2.4 SCG-set generation
All 17,929 Pfam (protein families; El-gebali et al. 2019) HMM profiles from release 32.0 (accessed on Dec. 2018) were downloaded from the Pfam ftp site (ftp://ftp.ebi.ac.uk/pub/databases/Pfam/). As Pfam-HMMs actually target specific domains or protein regions, there are many unique Pfam entries that come from the same functional protein - e.g. Enolase_N (PF03952) and Enolase_C (PF00113). This is not ideal if using them to search for SCGs for purposes such as phylogenomics or completion/redundancy estimates. To ensure no two Pfam-HMMs from the same protein were contained in a SCG-set, only Pfams with HMMs that on average covered greater than 50% of the underlying protein sequences that went into building that Pfam’s HMM were retained. This left 8,924 Pfams.

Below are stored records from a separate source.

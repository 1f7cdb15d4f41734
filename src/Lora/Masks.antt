-- ===== src/Lora/Masks.antt =====
-- The channel mask under the LinkADRReq of src/radio/lorawan.py: how long it stays.
use mathlib.Core.Path.{subst}
use wqm.Prelude.{
  ℕ, zero, suc, ◌+◌, ◌*◌, ◌/◌, ◌%◌, ◌^◌, ◌≡◌, refl, ap, Bool, true, false, ◌||◌, Option, none, some,
  List, [], ◌∷◌, leb, ◌==◌, if◌then◌else◌, length,
}
use wqm.Lora.Commands.{set_mask, then_mask, set_bits, new_mask}

-- The mask, if there is one, has as many channels as before.
abbrev pub KeepsLength : ℕ → Option (List Bool) → Type 0
KeepsLength n none = Unit
KeepsLength n (some mask) = length mask ≡ n

cons_length :
    (n : ℕ) (x : Bool) (r : Option (List Bool))
    → KeepsLength n r
    → KeepsLength (suc n) (elim r [ none ↦ none | some ys ↦ some (x ∷ ys) ])
cons_length n x none h = tt
cons_length n x (some ys) h = ap suc h

pub length-set_mask :
    (i : ℕ) (v : Bool) (mask : List Bool) → KeepsLength (length mask) (set_mask i v mask)
unfolding set_mask
length-set_mask i v [] = tt
length-set_mask zero v (x ∷ xs) = refl
length-set_mask (suc i) v (x ∷ xs) =
    cons_length (length xs) x (set_mask i v xs) (length-set_mask i v xs)

then_length :
    (n : ℕ) (r : Option (List Bool)) (f : List Bool → Option (List Bool))
    → KeepsLength n r
    → ((mask : List Bool) → KeepsLength (length mask) (f mask))
    → KeepsLength n (then_mask r f)
then_length n none f h k = tt
then_length n (some mask) f h k = subst (λ i. KeepsLength i (f mask)) h (k mask)

length-set_bits :
    (test : ℕ → Bool) (base bit count : ℕ) (mask : List Bool)
    → KeepsLength (length mask) (set_bits test base bit count mask)
unfolding set_bits
length-set_bits test base bit zero mask = refl
length-set_bits test base bit (suc count) mask =
    then_length (length mask) (set_mask (base + bit) (test bit) mask)
      (set_bits test base (suc bit) count) (length-set_mask (base + bit) (test bit) mask)
      (length-set_bits test base (suc bit) count)

-- As for a mask and its verdict.
abbrev pub KeepsMask : ℕ → Option (List Bool × Bool) → Type 0
KeepsMask n none = Unit
KeepsMask n (some found) = length found.0 ≡ n

with_verdict_length :
    (n : ℕ) (r : Option (List Bool))
    → KeepsLength n r
    → KeepsMask n (elim r [ none ↦ none | some m ↦ some (m, true) ])
with_verdict_length n none h = tt
with_verdict_length n (some mask) h = h

if_keeps :
    (n : ℕ) (b : Bool) (x y : Option (List Bool × Bool))
    → KeepsMask n x
    → KeepsMask n y
    → KeepsMask n (if b then x else y)
if_keeps n true x y h k = h
if_keeps n false x y h k = k

abbrev group_of : ℕ → ℕ → List Bool → Option (List Bool)
group_of cntl bits mask = set_bits (λ bit. bits / 2 ^ bit % 2 == 1) (cntl * 16) 0 16 mask

abbrev all_and_group : ℕ → ℕ → List Bool → Option (List Bool)
all_and_group cntl bits mask =
    then_mask (set_bits (λ _. cntl == 6) 0 0 64 mask)
      (set_bits (λ bit. bits / 2 ^ bit % 2 == 1) 64 0 8)

pub length-new_mask :
    (cntl bits : ℕ) (mask : List Bool) → KeepsMask (length mask) (new_mask cntl bits mask)
unfolding new_mask
length-new_mask cntl bits mask =
    if_keeps (length mask) (leb cntl 4) _ _
      (with_verdict_length (length mask) (group_of cntl bits mask)
        (length-set_bits (λ bit. bits / 2 ^ bit % 2 == 1) (cntl * 16) 0 16 mask))
      (if_keeps (length mask) (cntl == 6 || cntl == 7) _ (some (mask, false))
        (with_verdict_length (length mask) (all_and_group cntl bits mask) (
          then_length (length mask) (set_bits (λ _. cntl == 6) 0 0 64 mask)
            (set_bits (λ bit. bits / 2 ^ bit % 2 == 1) 64 0 8)
            (length-set_bits (λ _. cntl == 6) 0 0 64 mask)
            (length-set_bits (λ bit. bits / 2 ^ bit % 2 == 1) 64 0 8)))
        refl)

Amino-acid coding-sequences of all “complete” genomes with annotations in NCBI were downloaded for bacteria (N=11,405; accessed 09-Dec-2018) and archaea (N=309; accessed 15-Dec-2018). All protein sequences were searched against the 8,924 filtered Pfam-HMMs with ‘hmmsearch’ (HMMER v3.2.1; Eddy 2011) with default settings other than specifying the “--cut_ga” flag to utilize the gathering thresholds stored in the curated Pfam models. Reported protein hits for each individual Pfam were tallied for each individual genome (Supp. Table 1). SCG-sets were generated for all Bacteria, all Archaea, and then for each bacterial phylum that held greater than 99 genomes, and each proteobacterial class that had greater than 99 genomes. For each of those taxonomic groups, Pfams that had 1 hit in greater than or equal to 90% of the genomes of that group were retained as the SCG-set for that group. These are summarized in Supp. Table 2, and the code used to generate the bacterial set is presented at github.com/AstrobioMike/GToTree/wiki/SCG-sets.
3 Results
To exemplify GToTree, NCBI assembly accessions were downloaded for all RefSeq, complete, representative genomes (with the search query ‘ “latest refseq”[filter] AND “complete genome”[filter] AND “representative genome”[filter] AND all[filter] NOT anomalous[filter] ‘ performed on 20-Dec-2018). This resulted in 1,698 genomes spanning Archaea, Bacteria, and Eukarya. Using a SCG-set that spans all 3 domains (Hug et al. 2016), runtime to create this tree (Figure 1) was ~60 minutes on a standard laptop (used was a late 2013 MacBook Pro). The tree was visualized by uploading the output newick file to the web-hosted Interactive Tree of Life (Letunic and Bork 2016), all code to generate it and the results files come packaged with GToTree.
Funding sources
This work was funded in part by NASA Space Biology under grant NNH16ZTT001 N-MOBE.
Conflicts of interest
None declared.
Acknowledgements
I would like to sincerely thank Titus Brown, Craig Everroad, Arkadiy Garber, Elaina Graham, Joshua Kling, Gustavo Ramirez, and Nathan Walworth for their time and help with ideas, testing, and troubleshooting during development.